Now start the container for prometheus, you can do that with docker itself or could use the univention command.
docker ps -a
CONTAINER ID IMAGE COMMAND CREATED STATUS PORTS NAMES
a437univention docker.software-univention.de/prometheus:2.35.0-5 "/bin/prometheus --c…" 8 hours ago Up 4 hours 127.0.0.1:9090->9090/tcp stupefied_nobel
docker start a437univention
or
univention-app start prometheus
Starting docker-app-prometheus (via systemctl): docker-app-prometheus.service.
To check if the prometheus process runs:
ps aufx | grep prometheus
prometh+ 504 0.0 0.3 1001428 28664 ? Ssl Dez06 0:50 /usr/bin/prometheus-node-exporter --web.listen-address 127.0.0.1:9100 --web.telemetry-path=/metrics-node/metrics/
nobody 23760 0.4 1.3 984596 111752 ? Ssl 19:56 0:01 \_ /bin/prometheus --config.file=/etc/prometheus/prometheus.yml --web.route-prefix=/metrics-prometheus/ --web.external-url=/metrics-prometheu
s/ --query.lookback-delta=12h --storage.tsdb.retention.time=15d --storage.tsdb.allow-overlapping-blocks --web.enable-lifecycle
root 24602 0.0 0.0 6416 816 pts/2 S+ 20:02 0:00 | \_ grep prometheus
Check the status of the container:
univention-app status prometheus
● docker-app-prometheus.service - LSB: Start the Container for prometheus
Loaded: loaded (/etc/init.d/docker-app-prometheus; generated)

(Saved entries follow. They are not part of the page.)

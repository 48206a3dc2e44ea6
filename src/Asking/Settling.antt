-- ===== src/Asking/Settling.antt =====
-- tellus/src/actor_ref.rs, `ask`: where the one reply is, and what is logged, at any point of an ask.
use tellus.Prelude.{
  ◌≡◌, ◌⊎◌, inl, inr, refl, ap, Bool, true, false, List, [], ◌∷◌, ◌++◌, Result, ok, err,
}
use tellus.Backoff.{Duration}
use tellus.Actor.{ActorId}
use tellus.Oneshot.{Oneshot, IsOneshot, pending, ready, closed}
use tellus.Asking.{
  Asker, waiting, at_clock, dropping, resolved, given_up, gives_up, give_up, DeadLetter,
  not_awaited, AskError, no_reply, timeout, ReplyTo, held, replied, dropped, Asking, Move, replies,
  drops_reply_to, polled, send_reply, drop_reply_to, resolve, poll_reply, poll_clock, poll_asker,
  step, run, unless_sent,
}

module _ {R : Type 0} (O : Oneshot R) (L : IsOneshot O) (id : ActorId) (within : Duration) where
  -- What holds of a request that has been sent, by where its `ReplyTo` is and what the asker has.
  -- A reply is with the asker, or on its way, or not with an asker that has a timeout or has given up:
  -- then it is a dead letter, or it was accepted before the receiver was dropped and is lost.
  abbrev pub Settles : ReplyTo R → Asker R → O.Chan → List DeadLetter → Type 0
  Settles held waiting c log = (O.poll c ≡ pending) × (L.has_receiver c ≡ true) × (log ≡ [])
  Settles held at_clock c log = (O.poll c ≡ pending) × (L.has_receiver c ≡ true) × (log ≡ [])
  Settles held (dropping (ok r)) c log = ⊥
  Settles held (dropping (err e)) c log =
      (e ≡ timeout within) × (O.poll c ≡ pending) × (L.has_receiver c ≡ true) × (log ≡ [])
  Settles held (resolved (ok r)) c log = ⊥
  Settles held (resolved (err e)) c log =
      (e ≡ timeout within) × (L.has_receiver c ≡ false) × (log ≡ [])
  Settles held given_up c log = (L.has_receiver c ≡ false) × (log ≡ [])
  Settles (replied r) waiting c log = (O.poll c ≡ ready r) × (log ≡ [])
  Settles (replied r) at_clock c log = (O.poll c ≡ ready r) × (log ≡ [])
  Settles (replied r) (dropping (ok x)) c log = (x ≡ r) × (log ≡ [])
  Settles (replied r) (dropping (err e)) c log = (e ≡ timeout within) × (log ≡ [])
  Settles (replied r) (resolved (ok x)) c log = (x ≡ r) × (log ≡ [])
  Settles (replied r) (resolved (err e)) c log =
      (e ≡ timeout within) × ((log ≡ []) ⊎ (log ≡ not_awaited id ∷ []))
  Settles (replied r) given_up c log = (log ≡ []) ⊎ (log ≡ not_awaited id ∷ [])
  Settles dropped waiting c log = (O.poll c ≡ closed) × (log ≡ [])
  Settles dropped at_clock c log = (O.poll c ≡ closed) × (log ≡ [])
  Settles dropped (dropping (ok r)) c log = ⊥
  Settles dropped (dropping (err e)) c log = ((e ≡ no_reply) ⊎ (e ≡ timeout within)) × (log ≡ [])
  Settles dropped (resolved (ok r)) c log = ⊥
  Settles dropped (resolved (err e)) c log = ((e ≡ no_reply) ⊎ (e ≡ timeout within)) × (log ≡ [])
  Settles dropped given_up c log = log ≡ []

  abbrev pub IsSettling : Asking O id within → Type 0
  IsSettling a = Settles a.responder a.asker a.channel a.log

  -- What is logged of a reply, by where the asker is when it comes.
  abbrev pub late : Asker R → List DeadLetter
  late waiting = []
  late at_clock = []
  late (dropping r) = []
  late (resolved r) = not_awaited id ∷ []
  late given_up = not_awaited id ∷ []

  -- What is logged once the `ReplyTo` has been used: what was logged, if that had happened before.
  abbrev pub log_after : ReplyTo R → Asker R → List DeadLetter → List DeadLetter
  log_after held x log = late x
  log_after (replied y) x log = log
  log_after dropped x log = log

  late_lem :
      (r : R) (x : Asker R) (c : O.Chan) (log : List DeadLetter)
      → Settles held x c log
      → (send_reply O id within r held
          (record { responder = held; channel = c; asker = x; log = log })).log
        ≡ late x
  unfolding send_reply unless_sent
  late_lem r waiting c log (e, there, empty) = rw (L.send_received c r e there).0 empty
  late_lem r at_clock c log (e, there, empty) = rw (L.send_received c r e there).0 empty
  late_lem r (dropping (ok y)) c log h = absurd h
  late_lem r (dropping (err y)) c log (same, e, there, empty) =
      rw (L.send_received c r e there).0 empty
  late_lem r (resolved (ok y)) c log h = absurd h
  late_lem r (resolved (err e)) c log (same, gone, empty) =
      rw (L.send_refused c r gone) (ap (λ xs. xs ++ not_awaited id ∷ []) empty)
  late_lem r given_up c log (gone, empty) =
      rw (L.send_refused c r gone) (ap (λ xs. xs ++ not_awaited id ∷ []) empty)

  pub log-replies :
      (r : R) (a : Asking O id within)
      → IsSettling a
      → (step O id within (replies r) a).log ≡ log_after a.responder a.asker a.log
  unfolding step
  log-replies r a h = go a.responder a.asker a.channel a.log h
    where
      go :
          (t : ReplyTo R) (x : Asker R) (c : O.Chan) (log : List DeadLetter)
          → Settles t x c log
          → (send_reply O id within r t
              (record { responder = t; channel = c; asker = x; log = log })).log
            ≡ log_after t x log
      go held x c log h = late_lem r x c log h
      go (replied y) x c log h = unfold send_reply in refl
      go dropped x c log h = unfold send_reply in refl

  replied-Settles :
      (r : R) (t : ReplyTo R) (x : Asker R) (c : O.Chan) (log : List DeadLetter)
      → Settles t x c log
      → IsSettling
          (send_reply O id within r t (record { responder = t; channel = c; asker = x; log = log }))
  unfolding send_reply unless_sent
  replied-Settles r held waiting c log (e, there, empty) =
      let (sent, shown) = L.send_received c r e there in rw sent (shown, empty)
  replied-Settles r held at_clock c log (e, there, empty) =
      let (sent, shown) = L.send_received c r e there in rw sent (shown, empty)
  replied-Settles r held (dropping (ok y)) c log h = absurd h
  replied-Settles r held (dropping (err y)) c log (same, e, there, empty) =
      rw (L.send_received c r e there).0 (same, empty)
  replied-Settles r held (resolved (ok y)) c log h = absurd h
  replied-Settles r held (resolved (err e)) c log (same, gone, empty) =
      rw (L.send_refused c r gone) (same, inr (ap (λ xs. xs ++ not_awaited id ∷ []) empty))
  replied-Settles r held given_up c log (gone, empty) =
      rw (L.send_refused c r gone) (inr (ap (λ xs. xs ++ not_awaited id ∷ []) empty))
  replied-Settles r (replied y) x c log h = h
  replied-Settles r dropped x c log h = h

  dropped-Settles :
      (t : ReplyTo R) (x : Asker R) (c : O.Chan) (log : List DeadLetter)
      → Settles t x c log
      → IsSettling (
          drop_reply_to O id within t (record { responder = t; channel = c; asker = x; log = log }))
  unfolding drop_reply_to
  dropped-Settles held waiting c log (e, there, empty) = (L.poll-drop_sender c e, empty)
  dropped-Settles held at_clock c log (e, there, empty) = (L.poll-drop_sender c e, empty)
  dropped-Settles held (dropping (ok y)) c log h = h
  dropped-Settles held (dropping (err y)) c log (same, e, there, empty) = (inr same, empty)
  dropped-Settles held (resolved (ok y)) c log h = h
  dropped-Settles held (resolved (err e)) c log (same, gone, empty) = (inr same, empty)
  dropped-Settles held given_up c log (gone, empty) = empty
  dropped-Settles (replied y) x c log h = h
  dropped-Settles dropped x c log h = h

  polled-Settles :
      (t : ReplyTo R) (c : O.Chan) (log : List DeadLetter)
      → Settles t waiting c log
      → IsSettling (
          poll_reply O id within
            (O.poll c)
            (record { responder = t; channel = c; asker = waiting; log = log }))
  unfolding poll_reply
  polled-Settles held c log (e, there, empty) = rw (e, poll_reply) (e, there, empty)
  polled-Settles (replied r) c log (e, empty) = rw e (refl, empty)
  polled-Settles dropped c log (e, empty) = rw e (inl refl, empty)

  clock-Settles :
      (over : Bool) (t : ReplyTo R) (c : O.Chan) (log : List DeadLetter)
      → Settles t at_clock c log
      → IsSettling (
          poll_clock O id within over
            (record { responder = t; channel = c; asker = at_clock; log = log }))
  unfolding poll_clock
  clock-Settles true held c log (e, there, empty) = (refl, e, there, empty)
  clock-Settles true (replied r) c log (e, empty) = (refl, empty)
  clock-Settles true dropped c log (e, empty) = (inr refl, empty)
  clock-Settles false held c log h = h
  clock-Settles false (replied r) c log h = h
  clock-Settles false dropped c log h = h

  resolved-Settles :
      (r : Result R AskError) (t : ReplyTo R) (c : O.Chan) (log : List DeadLetter)
      → Settles t (dropping r) c log
      → IsSettling (
          resolve O id within r
            (record { responder = t; channel = c; asker = dropping r; log = log }))
  unfolding resolve
  resolved-Settles (ok x) held c log h = h
  resolved-Settles (err e) held c log (same, p, there, empty) =
      (same, L.has_receiver-drop_receiver c, empty)
  resolved-Settles (ok x) (replied r) c log h = h
  resolved-Settles (err e) (replied r) c log (same, empty) = (same, inl empty)
  resolved-Settles (ok x) dropped c log h = h
  resolved-Settles (err e) dropped c log h = h

  asker-Settles :
      (over : Bool) (t : ReplyTo R) (x : Asker R) (c : O.Chan) (log : List DeadLetter)
      → Settles t x c log
      → IsSettling (
          poll_asker O id within x over
            (record { responder = t; channel = c; asker = x; log = log }))
  unfolding poll_asker
  asker-Settles over t waiting c log h = polled-Settles t c log h
  asker-Settles over t at_clock c log h = clock-Settles over t c log h
  asker-Settles over t (dropping r) c log h = resolved-Settles r t c log h
  asker-Settles over t (resolved r) c log h = h
  asker-Settles over t given_up c log h = h

  given_up-Settles :
      (t : ReplyTo R) (x : Asker R) (c : O.Chan) (log : List DeadLetter)
      → Settles t x c log
      → IsSettling
          (give_up O id within x (record { responder = t; channel = c; asker = x; log = log }))
  unfolding give_up
  given_up-Settles held waiting c log (e, there, empty) = (L.has_receiver-drop_receiver c, empty)
  given_up-Settles (replied r) waiting c log (e, empty) = inl empty
  given_up-Settles dropped waiting c log (e, empty) = empty
  given_up-Settles t at_clock c log h = h
  given_up-Settles t (dropping r) c log h = h
  given_up-Settles t (resolved r) c log h = h
  given_up-Settles t given_up c log h = h

  step-IsSettling :
      (m : Move O id within) (a : Asking O id within)
      → IsSettling a
      → IsSettling (step O id within m a)
  unfolding step
  step-IsSettling (replies r) a h = replied-Settles r a.responder a.asker a.channel a.log h
  step-IsSettling drops_reply_to a h = dropped-Settles a.responder a.asker a.channel a.log h
  step-IsSettling (polled over) a h = asker-Settles over a.responder a.asker a.channel a.log h
  step-IsSettling gives_up a h = given_up-Settles a.responder a.asker a.channel a.log h

  pub run-IsSettling :
      (ms : List (Move O id within)) (a : Asking O id within)
      → IsSettling a
      → IsSettling (run O id within ms a)
  run-IsSettling [] a h = h
  run-IsSettling (m ∷ ms) a h = run-IsSettling ms (step O id within m a) (step-IsSettling m a h)
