-- ===== src/Asking/Replies.antt =====
-- tellus/src/actor_ref.rs, `ask`: what becomes of the one reply, however the responder, the asker and
-- the clock follow on one another.
use tellus.Oneshot.{Oneshot}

Active: active (exited) since Tue 2023-12-12 19:56:41 CET; 50min ago
Docs: man:systemd-sysv-generator(8)
Process: 23671 ExecStart=/etc/init.d/docker-app-prometheus start (code=exited, status=0/SUCCESS)
Dez 12 19:56:38 ucs-primary systemd[1]: Starting LSB: Start the Container for prometheus...
Dez 12 19:56:41 ucs-primary docker-app-prometheus[23671]: Starting prometheus Container a437univention ....
Dez 12 19:56:41 ucs-primary systemd[1]: Started LSB: Start the Container for prometheus.